Friday, 16 July 2010

I HAVE AN APOLOGY TO MAKE TO THE PAYMASTER GENERAL

On 13th July 2010 I complained about HMG not putting a Superannuation Bill before Parliament.  On 15th July 2010 HM Paymaster General - Francis Anthony Aylmer Maude - did just that - the Superannuation Bill is now before Parliament and has a mere 2 clauses - its sole aim to permit HMG to cut civil service compensation without needing union consent to save the economy and the country....here is the official explanation for the Bill....note the sting in the tale - unions will be consulted, their consent not sought....

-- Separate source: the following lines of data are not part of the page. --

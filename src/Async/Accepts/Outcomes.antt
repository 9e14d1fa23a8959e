-- ===== src/Async/Accepts/Outcomes.antt =====
-- Accepted connections on all branches.
use async_berkeley.Base.{
  All, ℕ, suc, ◌≡◌, ◌≤◌, refl, ap, ◌∙◌, true, false, some, List, [], ◌∷◌, ◌++◌, ℤ, pos, int_eq, leb,
  length, get_elem?, get_elem?-length, if◌then◌else◌, arith, Bool-cases, inl, inr, int_eq_iff,
  int_eq_refl,
}
use async_berkeley.Socket.Handle.{
  invalid_socket, Store, is_valid, destroy, close, from_native, construct, is_valid_socket,
}
use async_berkeley.Socket.Sync.{Span, subspan, Accept, returned, accept_loop, make_pair, accept}
use async_berkeley.Socket.Sync.Answers.{is_interrupted, accept_loop-first}
use async_berkeley.Executor.{Fcntl, destroying, push_handle, emplace}
use async_berkeley.Executor.Emplace.{
  set_flags, owner, moved, with_two, outcome, emplaced, set-length_at,
}
use async_berkeley.Async.Accepts.{
  Taken, taken, refused, thrown, terminated, push_accepted, take_accepted, no_except, accept_now,
  accept_later,
}

module _ {W : Type 0} (F : Fcntl W) where
  -- A connection whose descriptor could be made non-blocking.
  abbrev pub connection : ℤ → ℕ → Span → Store → W → Taken W
  connection fd socklen address s w =
      taken (suc (length s.handles)) (record address { size = socklen })
        (with_two moved (owner F fd) s) (set_flags F fd w).1

  -- What is left where it could not: the descriptor is closed, and no handle owns it.
  abbrev pub failure : ℤ → Store → W → Taken W
  failure fd s w =
      thrown (some (F.errno (set_flags F fd w).1))
        (record (with_two moved moved s) { closed = fd ∷ s.closed }) (set_flags F fd w).1

  made :
      (eintr : ℤ) (address : Span) (replies : List Accept) (r : Accept) (s : Store)
      → accept_loop eintr replies ≡ some r
      → r.socklen ≤ address.size
      → accept eintr (pos 0) address replies s
        ≡ returned (record {
          socket = length s.handles;
          store = record s { handles = s.handles ++ owner F r.sockfd ∷ [] };
          address = record address { size = r.socklen };
        })
  unfolding accept make_pair from_native construct is_valid_socket subspan int_eq
  made eintr address replies r s loops fits =
      let inside : leb r.socklen address.size ≡ true = ground arith in
      elim (Bool-cases (int_eq r.sockfd invalid_socket)) [
        | inl closed ↦
            rw
              (
                accept, loops, make_pair, from_native, construct, is_valid_socket, closed, subspan,
                inside,
              )
              refl
        | inr valid ↦
            rw
              (
                accept, loops, make_pair, from_native, construct, is_valid_socket, valid, subspan,
                inside,
              )
              refl
      ]

  pushes :
      (fd : ℤ) (s : Store) (w : W)
      → int_eq fd invalid_socket ≡ false
      → destroying
          (length s.handles)
          (push_handle F (length s.handles) (record s { handles = s.handles ++ owner F fd ∷ [] }) w)
        ≡ outcome F fd s w
  unfolding emplace
  pushes fd s w valid = emplaced F fd s w valid

  taken_lem :
      (fd : ℤ) (prefix : Span) (s : Store) (w : W)
      → int_eq fd invalid_socket ≡ false
      → take_accepted F
          (record {
            socket = length s.handles;
            store = record s { handles = s.handles ++ owner F fd ∷ [] };
            address = prefix;
          })
          w
        ≡ (if int_eq (set_flags F fd w).0 (pos 0)
            then taken
                (suc (length s.handles))
                prefix
                (with_two moved (owner F fd) s)
                (set_flags F fd w).1
            else failure fd s w)
  unfolding take_accepted push_accepted is_valid emplace
  taken_lem fd prefix s w valid =
      let here : get_elem? (s.handles ++ owner F fd ∷ []) (length s.handles) ≡ some (owner F fd) =
        get_elem?-length s.handles (owner F fd) [] in
      elim (Bool-cases (int_eq (set_flags F fd w).0 (pos 0))) [
        | inl ok ↦
            rw (take_accepted, here, is_valid, valid, push_accepted, pushes fd s w valid, ok) refl
        | inr bad ↦
            rw (take_accepted, here, is_valid, valid, push_accepted, pushes fd s w valid, bad) refl
      ]

  unwanted :
      (prefix : Span) (s : Store) (w : W)
      → take_accepted F
          (record {
            socket = length s.handles;
            store = record s { handles = s.handles ++ moved ∷ [] };
            address = prefix;
          })
          w
        ≡ refused (record s { handles = s.handles ++ moved ∷ [] }) w
  unfolding take_accepted is_valid destroy close
  unwanted prefix s w =
      rw
        (
          take_accepted,
          get_elem?-length s.handles moved [],
          is_valid,
          int_eq_refl invalid_socket,
          destroy,
          close,
          get_elem?-length s.handles moved [],
          int_eq_refl invalid_socket,
          set-length_at s.handles moved moved [],
        )
        refl

  -- How the two ways to accept end: `unable` is what is left where F_SETFL fails.
  abbrev pub ends : Span → Accept → Taken W → Store → W → Taken W
  ends address r unable s w =
      if int_eq r.sockfd invalid_socket
      then refused (record s { handles = s.handles ++ moved ∷ [] }) w
      else if int_eq (set_flags F r.sockfd w).0 (pos 0)
      then connection r.sockfd r.socklen address s w
      else unable

  now_ends :
      (eintr : ℤ) (address : Span) (replies : List Accept) (r : Accept) (s : Store) (w : W)
      → accept_loop eintr replies ≡ some r
      → r.socklen ≤ address.size
      → accept_now F eintr (pos 0) address replies s w ≡ ends address r (failure r.sockfd s w) s w
  unfolding accept_now
  now_ends eintr address replies r s w loops fits =
      elim (Bool-cases (int_eq r.sockfd invalid_socket)) [
        | inl closed ↦
            let same : owner F r.sockfd ≡ moved =
              ap (owner F) ((int_eq_iff r.sockfd invalid_socket).0 closed) in
            rw (accept_now, made eintr address replies r s loops fits, closed, same)
              (unwanted (record address { size = r.socklen }) s w)
        | inr valid ↦
            rw (accept_now, made eintr address replies r s loops fits, valid)
              (taken_lem r.sockfd (record address { size = r.socklen }) s w valid)
      ]

  no_except_lem :
      (address : Span) (r : Accept) (s : Store) (w : W)
      → no_except (ends address r (failure r.sockfd s w) s w) ≡ ends address r terminated s w
  unfolding no_except
  no_except_lem address r s w = elim (Bool-cases (int_eq r.sockfd invalid_socket)) [
    | inl closed ↦ rw closed refl
    | inr valid ↦ elim (Bool-cases (int_eq (set_flags F r.sockfd w).0 (pos 0))) [
      | inl ok ↦ rw (valid, ok) refl
      | inr bad ↦ rw (valid, bad) refl
    ]
  ]

  -- Of any number of interrupts and one reply that is none, whose address fits into the buffer and whose
  -- descriptor, if it is one, getsockopt accepts: without a descriptor there is no connection. With one
  -- that F_SETFL can make non-blocking, both ways to accept give its handle, which alone owns it. Where
  -- F_SETFL fails, the descriptor is closed, once, and the attempt at once throws the error number; the
  -- function that accepts later ends the process.
  pub accepts-ends :
      (eintr : ℤ) (address : Span) (is : List Accept) (r : Accept) (rs : List Accept) (s : Store)
      (w : W)
      → All (λ i. is_interrupted eintr i ≡ true) is
      → is_interrupted eintr r ≡ false
      → r.socklen ≤ address.size
      → (accept_now F eintr (pos 0) address (is ++ r ∷ rs) s w
          ≡ ends address r (failure r.sockfd s w) s w)
        × (accept_later F eintr (pos 0) address (is ++ r ∷ rs) s w ≡ ends address r terminated s w)
  unfolding accept_later
  accepts-ends eintr address is r rs s w interrupted answers fits =
      let now =
        now_ends eintr address (is ++ r ∷ rs) r s w
          (accept_loop-first eintr is r rs interrupted answers) fits in
      (now, ap no_except now ∙ no_except_lem address r s w)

3. The Bill places upper limits on payments under the Civil Service Compensation Scheme (CSCS), a scheme made under the Superannuation Act 1972. The CSCS sets out the tariffs which may apply when the employment of civil servants is terminated prematurely. The terms of the CSCS were amended in February 2010, but those amendments were quashed in judicial review proceedings brought by the Public and Commercial Service Union, so that the former compensation terms have now revived. For many civil servants, the former terms produced more generous outcomes than did the February 2010 terms.
4. The former CSCS terms, as now revived, generally provide a service and age-related payment for people aged under 50 and enhanced early retirement terms for people aged between 50 and 60. The amount of the payment varies depending on the tariff, with the tariff applying on compulsory redundancy providing payments of up to 3 years’ pay and enhanced early retirement packages which can cost employers 6 years’ pay. Redundancy terms for certain employees who joined before 1987 can lead to higher costs for employers.
5. 
The Bill caps compensation payable under the CSCS at a maximum of 12 months’ pensionable earnings for compulsory exits, and 15 months’ pensionable earnings for voluntary exits. The Bill also contains a ‘sunset’ clause, whereby clause 1 (which imposes the caps) will expire after 12 months, unless repealed earlier by order-making powers, or extended or revived using order-making powers. The Government’s intention is that new and more long-term amendments will be made to the CSCS timed to dovetail with the expiry of clause 1. The CSCS amendments will be made after consultation with trade unions.
How did the PCS react - with a warm welcome to the Bill?  No...fighting talk:  Quite how an Act of Parliament is going to be found illegal (save for a human rights challenge....or by offending EU Law) is slightly beyond me......I do note that the new Bill does not expressly repeal the need for Union consent - will PCS and HMG have an express/implied repeal debate in the Admin Court some time soon?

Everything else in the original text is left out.